--- START ---

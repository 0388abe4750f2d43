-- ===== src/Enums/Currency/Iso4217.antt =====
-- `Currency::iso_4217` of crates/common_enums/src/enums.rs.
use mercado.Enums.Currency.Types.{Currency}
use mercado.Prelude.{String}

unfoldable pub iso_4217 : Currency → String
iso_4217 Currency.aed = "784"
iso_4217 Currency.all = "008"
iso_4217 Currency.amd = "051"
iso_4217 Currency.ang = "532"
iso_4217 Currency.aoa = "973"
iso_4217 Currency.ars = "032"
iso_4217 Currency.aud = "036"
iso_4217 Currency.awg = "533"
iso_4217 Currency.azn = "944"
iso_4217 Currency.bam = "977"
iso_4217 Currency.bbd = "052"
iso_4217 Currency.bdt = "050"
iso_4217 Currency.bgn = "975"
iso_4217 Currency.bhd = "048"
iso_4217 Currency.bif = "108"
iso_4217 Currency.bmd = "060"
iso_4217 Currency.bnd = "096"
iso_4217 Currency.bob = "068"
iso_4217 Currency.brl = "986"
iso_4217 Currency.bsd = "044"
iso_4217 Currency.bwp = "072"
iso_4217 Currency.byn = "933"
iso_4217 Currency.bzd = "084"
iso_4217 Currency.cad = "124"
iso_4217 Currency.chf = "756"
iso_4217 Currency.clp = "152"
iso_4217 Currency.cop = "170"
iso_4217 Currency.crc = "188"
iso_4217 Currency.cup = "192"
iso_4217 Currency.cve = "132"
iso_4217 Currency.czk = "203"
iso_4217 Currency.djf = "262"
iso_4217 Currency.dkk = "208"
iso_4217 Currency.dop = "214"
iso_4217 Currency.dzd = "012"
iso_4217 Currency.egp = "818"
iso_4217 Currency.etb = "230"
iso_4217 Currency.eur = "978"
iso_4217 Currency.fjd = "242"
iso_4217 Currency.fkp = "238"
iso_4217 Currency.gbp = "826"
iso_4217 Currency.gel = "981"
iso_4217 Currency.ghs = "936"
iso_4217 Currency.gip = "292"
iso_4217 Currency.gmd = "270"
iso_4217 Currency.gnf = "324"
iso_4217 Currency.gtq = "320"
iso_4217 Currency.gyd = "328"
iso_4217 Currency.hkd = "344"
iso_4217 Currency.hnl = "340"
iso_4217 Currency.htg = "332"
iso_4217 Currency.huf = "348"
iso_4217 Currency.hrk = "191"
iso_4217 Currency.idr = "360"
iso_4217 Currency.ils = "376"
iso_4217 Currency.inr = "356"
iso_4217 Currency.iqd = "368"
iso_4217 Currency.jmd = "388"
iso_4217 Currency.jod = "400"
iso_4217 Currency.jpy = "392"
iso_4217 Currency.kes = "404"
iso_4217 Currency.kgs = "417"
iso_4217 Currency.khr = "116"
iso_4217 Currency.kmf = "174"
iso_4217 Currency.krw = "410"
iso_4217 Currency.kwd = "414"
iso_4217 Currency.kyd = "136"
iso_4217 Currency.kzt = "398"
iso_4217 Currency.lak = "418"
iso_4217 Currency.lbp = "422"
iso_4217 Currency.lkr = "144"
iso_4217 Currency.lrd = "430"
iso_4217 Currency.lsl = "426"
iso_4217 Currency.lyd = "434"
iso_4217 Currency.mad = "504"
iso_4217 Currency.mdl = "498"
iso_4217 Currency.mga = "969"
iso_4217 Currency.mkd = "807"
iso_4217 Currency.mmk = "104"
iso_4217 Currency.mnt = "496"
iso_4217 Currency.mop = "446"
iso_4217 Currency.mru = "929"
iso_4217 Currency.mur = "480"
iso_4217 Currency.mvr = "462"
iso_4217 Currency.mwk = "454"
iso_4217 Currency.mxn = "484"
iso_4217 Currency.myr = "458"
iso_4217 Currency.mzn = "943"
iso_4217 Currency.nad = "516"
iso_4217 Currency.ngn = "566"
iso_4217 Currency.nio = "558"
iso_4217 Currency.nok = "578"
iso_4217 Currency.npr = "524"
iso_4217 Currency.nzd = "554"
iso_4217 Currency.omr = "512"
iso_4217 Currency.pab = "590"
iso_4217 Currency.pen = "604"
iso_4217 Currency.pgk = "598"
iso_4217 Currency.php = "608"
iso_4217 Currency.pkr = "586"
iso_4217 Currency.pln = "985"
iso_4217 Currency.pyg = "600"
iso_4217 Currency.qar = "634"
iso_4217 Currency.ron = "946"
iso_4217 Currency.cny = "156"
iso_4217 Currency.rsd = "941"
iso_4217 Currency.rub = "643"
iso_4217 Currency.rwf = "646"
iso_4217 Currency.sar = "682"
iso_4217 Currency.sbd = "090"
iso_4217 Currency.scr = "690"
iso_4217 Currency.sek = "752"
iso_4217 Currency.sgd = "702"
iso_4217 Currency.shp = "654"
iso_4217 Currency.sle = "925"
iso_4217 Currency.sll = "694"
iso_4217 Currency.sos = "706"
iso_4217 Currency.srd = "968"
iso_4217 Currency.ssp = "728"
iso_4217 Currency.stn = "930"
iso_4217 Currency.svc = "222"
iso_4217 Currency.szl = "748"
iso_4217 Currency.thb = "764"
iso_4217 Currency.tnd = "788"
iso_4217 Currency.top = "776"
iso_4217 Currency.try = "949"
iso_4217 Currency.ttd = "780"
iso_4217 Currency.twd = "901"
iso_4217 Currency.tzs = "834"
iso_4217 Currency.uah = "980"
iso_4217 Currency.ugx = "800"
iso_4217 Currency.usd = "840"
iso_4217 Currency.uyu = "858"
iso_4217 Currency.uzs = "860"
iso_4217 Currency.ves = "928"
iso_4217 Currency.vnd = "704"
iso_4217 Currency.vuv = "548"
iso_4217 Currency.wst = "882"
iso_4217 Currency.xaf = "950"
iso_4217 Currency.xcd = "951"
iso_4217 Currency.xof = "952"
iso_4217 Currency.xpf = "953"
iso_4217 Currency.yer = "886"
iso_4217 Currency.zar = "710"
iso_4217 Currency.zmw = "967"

--- END ---
--- START ---

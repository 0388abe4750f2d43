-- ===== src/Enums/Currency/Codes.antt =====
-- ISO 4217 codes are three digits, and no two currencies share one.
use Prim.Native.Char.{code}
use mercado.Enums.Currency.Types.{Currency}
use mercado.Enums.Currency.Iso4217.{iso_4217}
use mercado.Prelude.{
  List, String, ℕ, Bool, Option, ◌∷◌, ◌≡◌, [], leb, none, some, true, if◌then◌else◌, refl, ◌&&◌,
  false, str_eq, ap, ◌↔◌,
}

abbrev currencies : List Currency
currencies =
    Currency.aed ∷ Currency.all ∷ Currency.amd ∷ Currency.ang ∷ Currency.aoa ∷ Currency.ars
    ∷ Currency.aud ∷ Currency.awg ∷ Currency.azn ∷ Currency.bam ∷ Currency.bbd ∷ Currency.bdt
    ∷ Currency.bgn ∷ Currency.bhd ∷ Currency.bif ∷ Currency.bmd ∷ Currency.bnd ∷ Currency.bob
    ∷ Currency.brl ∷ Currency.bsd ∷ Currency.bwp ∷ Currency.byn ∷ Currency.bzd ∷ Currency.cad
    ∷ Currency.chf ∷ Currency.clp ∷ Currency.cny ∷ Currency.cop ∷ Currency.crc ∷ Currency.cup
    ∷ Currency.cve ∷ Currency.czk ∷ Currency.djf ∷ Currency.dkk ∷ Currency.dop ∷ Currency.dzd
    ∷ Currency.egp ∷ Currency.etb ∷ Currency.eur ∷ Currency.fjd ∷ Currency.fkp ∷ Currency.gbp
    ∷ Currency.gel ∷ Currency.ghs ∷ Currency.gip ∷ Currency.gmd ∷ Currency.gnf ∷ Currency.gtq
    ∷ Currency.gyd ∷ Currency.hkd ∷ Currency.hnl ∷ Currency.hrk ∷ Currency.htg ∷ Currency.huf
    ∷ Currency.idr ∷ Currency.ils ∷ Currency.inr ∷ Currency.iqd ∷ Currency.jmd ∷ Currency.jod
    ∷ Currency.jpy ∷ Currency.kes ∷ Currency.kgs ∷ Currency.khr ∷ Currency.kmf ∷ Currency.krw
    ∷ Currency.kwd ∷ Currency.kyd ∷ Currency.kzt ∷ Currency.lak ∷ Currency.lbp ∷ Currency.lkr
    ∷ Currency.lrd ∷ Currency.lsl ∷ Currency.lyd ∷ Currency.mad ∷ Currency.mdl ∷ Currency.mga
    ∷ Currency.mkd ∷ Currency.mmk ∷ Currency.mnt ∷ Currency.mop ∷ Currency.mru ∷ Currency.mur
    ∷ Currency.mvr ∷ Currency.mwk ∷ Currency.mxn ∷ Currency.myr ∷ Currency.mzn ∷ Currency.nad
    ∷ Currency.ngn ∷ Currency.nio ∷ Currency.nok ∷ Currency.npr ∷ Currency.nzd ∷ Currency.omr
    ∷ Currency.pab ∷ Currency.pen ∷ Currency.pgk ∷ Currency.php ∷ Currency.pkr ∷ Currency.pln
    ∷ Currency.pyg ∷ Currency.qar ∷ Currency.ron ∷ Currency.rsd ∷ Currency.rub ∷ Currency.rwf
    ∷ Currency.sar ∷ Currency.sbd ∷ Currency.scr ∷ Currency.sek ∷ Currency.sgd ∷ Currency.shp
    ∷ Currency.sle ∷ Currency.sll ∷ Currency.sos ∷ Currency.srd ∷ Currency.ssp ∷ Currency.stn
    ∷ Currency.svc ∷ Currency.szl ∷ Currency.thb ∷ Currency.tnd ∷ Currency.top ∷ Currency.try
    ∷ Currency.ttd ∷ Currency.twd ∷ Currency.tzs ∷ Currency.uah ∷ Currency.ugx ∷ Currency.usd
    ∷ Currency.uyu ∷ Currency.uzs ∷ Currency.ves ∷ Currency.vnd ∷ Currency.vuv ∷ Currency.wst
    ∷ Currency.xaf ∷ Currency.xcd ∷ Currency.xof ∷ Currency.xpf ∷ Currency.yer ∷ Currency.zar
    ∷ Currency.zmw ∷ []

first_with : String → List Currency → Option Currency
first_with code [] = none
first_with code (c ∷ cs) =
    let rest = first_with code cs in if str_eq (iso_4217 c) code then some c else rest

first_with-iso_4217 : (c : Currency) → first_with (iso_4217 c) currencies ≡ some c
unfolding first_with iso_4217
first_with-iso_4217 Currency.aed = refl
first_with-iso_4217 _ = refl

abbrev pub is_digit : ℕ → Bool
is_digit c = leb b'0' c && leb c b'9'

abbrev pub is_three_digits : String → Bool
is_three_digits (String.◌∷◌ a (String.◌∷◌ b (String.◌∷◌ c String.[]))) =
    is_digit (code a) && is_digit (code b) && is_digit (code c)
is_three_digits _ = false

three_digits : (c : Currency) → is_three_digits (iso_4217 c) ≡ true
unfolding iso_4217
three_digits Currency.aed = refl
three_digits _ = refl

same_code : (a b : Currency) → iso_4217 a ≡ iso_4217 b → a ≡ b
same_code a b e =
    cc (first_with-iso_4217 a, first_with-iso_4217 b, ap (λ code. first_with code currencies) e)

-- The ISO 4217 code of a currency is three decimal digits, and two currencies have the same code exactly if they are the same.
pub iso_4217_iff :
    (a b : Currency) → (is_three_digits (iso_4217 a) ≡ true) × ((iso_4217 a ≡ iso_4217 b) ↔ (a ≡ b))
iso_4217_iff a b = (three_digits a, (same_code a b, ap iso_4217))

--- END ---

ACTIVITY => Where the word "true" appears in a line of the entries above, count that line; give only the number.

ANSWER => 3